◆ **WHAT IS REQUIRED**
Every line below between the line holding "least = least;" and the line holding "n) added taken", inclusive, should be repeated exactly, and all other lines omitted.

*** RECORDS PROVIDED ***

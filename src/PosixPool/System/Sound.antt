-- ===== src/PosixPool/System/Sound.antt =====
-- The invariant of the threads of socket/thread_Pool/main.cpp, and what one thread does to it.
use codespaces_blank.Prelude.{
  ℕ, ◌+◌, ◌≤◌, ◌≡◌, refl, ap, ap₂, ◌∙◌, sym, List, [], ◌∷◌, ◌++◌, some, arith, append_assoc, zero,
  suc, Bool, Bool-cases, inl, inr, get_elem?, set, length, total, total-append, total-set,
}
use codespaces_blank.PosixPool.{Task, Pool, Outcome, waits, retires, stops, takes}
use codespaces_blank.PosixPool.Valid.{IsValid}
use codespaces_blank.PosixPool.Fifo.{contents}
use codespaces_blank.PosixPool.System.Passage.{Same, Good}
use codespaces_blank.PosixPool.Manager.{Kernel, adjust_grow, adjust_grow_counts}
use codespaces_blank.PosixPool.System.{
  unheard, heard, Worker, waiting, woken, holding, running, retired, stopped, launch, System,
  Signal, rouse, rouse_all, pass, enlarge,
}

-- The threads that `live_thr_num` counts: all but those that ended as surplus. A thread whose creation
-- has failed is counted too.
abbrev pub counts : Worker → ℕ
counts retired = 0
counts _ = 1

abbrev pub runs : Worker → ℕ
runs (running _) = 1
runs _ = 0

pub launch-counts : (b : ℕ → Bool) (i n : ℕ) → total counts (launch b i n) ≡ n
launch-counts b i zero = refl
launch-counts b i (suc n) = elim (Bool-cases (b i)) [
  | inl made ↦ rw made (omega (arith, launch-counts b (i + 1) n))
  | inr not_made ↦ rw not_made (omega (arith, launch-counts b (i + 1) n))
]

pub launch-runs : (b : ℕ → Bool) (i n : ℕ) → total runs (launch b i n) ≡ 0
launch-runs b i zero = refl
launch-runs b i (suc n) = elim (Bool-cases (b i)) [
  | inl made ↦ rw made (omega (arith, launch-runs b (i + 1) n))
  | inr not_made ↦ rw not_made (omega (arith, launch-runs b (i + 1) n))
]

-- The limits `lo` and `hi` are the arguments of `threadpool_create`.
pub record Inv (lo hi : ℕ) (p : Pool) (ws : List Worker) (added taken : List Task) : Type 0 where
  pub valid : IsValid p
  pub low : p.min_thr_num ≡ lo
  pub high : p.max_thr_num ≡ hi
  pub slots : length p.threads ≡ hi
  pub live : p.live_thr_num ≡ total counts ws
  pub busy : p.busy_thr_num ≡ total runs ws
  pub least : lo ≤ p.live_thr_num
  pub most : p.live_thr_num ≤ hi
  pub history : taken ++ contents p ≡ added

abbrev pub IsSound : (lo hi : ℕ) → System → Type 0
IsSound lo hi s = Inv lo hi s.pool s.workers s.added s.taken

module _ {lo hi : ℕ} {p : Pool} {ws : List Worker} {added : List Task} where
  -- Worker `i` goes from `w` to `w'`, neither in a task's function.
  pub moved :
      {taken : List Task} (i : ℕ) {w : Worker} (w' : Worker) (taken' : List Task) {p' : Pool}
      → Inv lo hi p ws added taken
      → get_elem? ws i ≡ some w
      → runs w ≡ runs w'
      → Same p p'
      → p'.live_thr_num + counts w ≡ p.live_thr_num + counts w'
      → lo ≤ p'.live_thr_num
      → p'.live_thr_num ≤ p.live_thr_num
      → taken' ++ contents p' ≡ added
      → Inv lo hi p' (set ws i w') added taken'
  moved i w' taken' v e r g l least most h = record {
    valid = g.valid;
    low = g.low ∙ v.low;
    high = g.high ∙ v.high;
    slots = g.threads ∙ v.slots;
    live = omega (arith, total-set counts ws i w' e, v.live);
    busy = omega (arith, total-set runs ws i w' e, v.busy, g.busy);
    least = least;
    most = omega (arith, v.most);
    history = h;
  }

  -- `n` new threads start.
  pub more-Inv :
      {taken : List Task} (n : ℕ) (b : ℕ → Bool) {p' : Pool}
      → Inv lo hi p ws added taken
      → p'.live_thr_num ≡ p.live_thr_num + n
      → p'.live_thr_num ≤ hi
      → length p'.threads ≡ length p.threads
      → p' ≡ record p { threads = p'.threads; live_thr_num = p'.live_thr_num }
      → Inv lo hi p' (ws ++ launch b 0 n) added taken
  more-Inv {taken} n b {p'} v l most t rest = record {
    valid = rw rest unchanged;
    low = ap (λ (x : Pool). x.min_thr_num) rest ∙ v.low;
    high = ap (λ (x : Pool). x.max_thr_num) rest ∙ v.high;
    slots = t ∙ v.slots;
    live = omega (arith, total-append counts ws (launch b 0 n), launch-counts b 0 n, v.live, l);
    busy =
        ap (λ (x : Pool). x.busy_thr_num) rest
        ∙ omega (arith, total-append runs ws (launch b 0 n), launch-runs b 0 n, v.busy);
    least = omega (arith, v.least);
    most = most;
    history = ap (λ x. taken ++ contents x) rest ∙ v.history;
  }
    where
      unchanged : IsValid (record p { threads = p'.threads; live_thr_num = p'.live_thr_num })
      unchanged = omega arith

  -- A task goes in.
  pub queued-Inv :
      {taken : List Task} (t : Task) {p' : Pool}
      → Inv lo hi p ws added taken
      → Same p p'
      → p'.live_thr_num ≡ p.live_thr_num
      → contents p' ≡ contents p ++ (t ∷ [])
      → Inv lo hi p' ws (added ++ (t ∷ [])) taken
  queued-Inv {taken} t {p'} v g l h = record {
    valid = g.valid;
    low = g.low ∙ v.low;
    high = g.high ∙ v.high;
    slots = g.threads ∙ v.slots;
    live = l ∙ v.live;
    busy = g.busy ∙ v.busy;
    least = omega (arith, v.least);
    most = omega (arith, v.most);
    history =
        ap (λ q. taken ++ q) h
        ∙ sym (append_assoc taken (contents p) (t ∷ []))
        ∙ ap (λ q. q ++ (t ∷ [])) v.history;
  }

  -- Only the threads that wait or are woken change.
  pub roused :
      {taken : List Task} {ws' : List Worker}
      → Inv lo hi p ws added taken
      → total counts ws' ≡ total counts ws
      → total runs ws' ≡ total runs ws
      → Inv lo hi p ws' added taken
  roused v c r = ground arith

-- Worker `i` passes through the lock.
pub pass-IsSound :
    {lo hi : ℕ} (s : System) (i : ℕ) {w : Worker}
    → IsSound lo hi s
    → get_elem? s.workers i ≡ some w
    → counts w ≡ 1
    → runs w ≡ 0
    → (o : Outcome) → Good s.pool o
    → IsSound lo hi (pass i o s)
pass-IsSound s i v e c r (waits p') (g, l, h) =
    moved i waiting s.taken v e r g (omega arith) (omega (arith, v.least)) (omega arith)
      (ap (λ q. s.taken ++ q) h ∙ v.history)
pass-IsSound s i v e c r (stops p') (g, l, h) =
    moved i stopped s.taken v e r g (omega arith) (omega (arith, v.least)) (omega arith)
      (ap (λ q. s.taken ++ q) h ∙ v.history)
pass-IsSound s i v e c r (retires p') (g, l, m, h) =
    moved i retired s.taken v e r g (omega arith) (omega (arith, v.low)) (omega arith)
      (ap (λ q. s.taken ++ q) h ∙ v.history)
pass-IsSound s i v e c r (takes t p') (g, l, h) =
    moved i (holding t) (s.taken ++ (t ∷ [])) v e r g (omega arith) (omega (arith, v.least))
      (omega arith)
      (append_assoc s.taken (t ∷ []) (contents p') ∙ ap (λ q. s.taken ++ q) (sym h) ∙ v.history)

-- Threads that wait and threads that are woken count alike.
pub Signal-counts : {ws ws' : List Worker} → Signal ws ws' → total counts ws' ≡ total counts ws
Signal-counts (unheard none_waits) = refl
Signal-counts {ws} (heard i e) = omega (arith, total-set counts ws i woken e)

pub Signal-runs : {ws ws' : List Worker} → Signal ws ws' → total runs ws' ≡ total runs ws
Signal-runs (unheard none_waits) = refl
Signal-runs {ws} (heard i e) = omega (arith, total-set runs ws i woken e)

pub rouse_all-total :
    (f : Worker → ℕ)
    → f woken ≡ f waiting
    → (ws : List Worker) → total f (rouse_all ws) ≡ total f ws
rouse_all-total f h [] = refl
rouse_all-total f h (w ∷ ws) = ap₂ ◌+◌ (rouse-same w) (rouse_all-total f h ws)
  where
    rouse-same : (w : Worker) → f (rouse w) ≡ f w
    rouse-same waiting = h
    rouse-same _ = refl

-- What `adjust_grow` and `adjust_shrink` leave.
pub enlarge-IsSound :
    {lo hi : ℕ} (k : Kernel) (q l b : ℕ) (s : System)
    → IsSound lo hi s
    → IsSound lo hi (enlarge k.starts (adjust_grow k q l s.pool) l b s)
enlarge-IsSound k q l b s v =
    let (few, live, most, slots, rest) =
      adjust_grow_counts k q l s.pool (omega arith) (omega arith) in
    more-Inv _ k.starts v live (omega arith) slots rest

*** End of RECORDS PROVIDED ***

◆ **TASK ANSWER**
    least = least;
    most = omega (arith, v.most);
    history = h;
  }

  -- `n` new threads start.
  pub more-Inv :
      {taken : List Task} (n : ℕ) (b : ℕ → Bool) {p' : Pool}
      → Inv lo hi p ws added taken
      → p'.live_thr_num ≡ p.live_thr_num + n
      → p'.live_thr_num ≤ hi
      → length p'.threads ≡ length p.threads
      → p' ≡ record p { threads = p'.threads; live_thr_num = p'.live_thr_num }
      → Inv lo hi p' (ws ++ launch b 0 n) added taken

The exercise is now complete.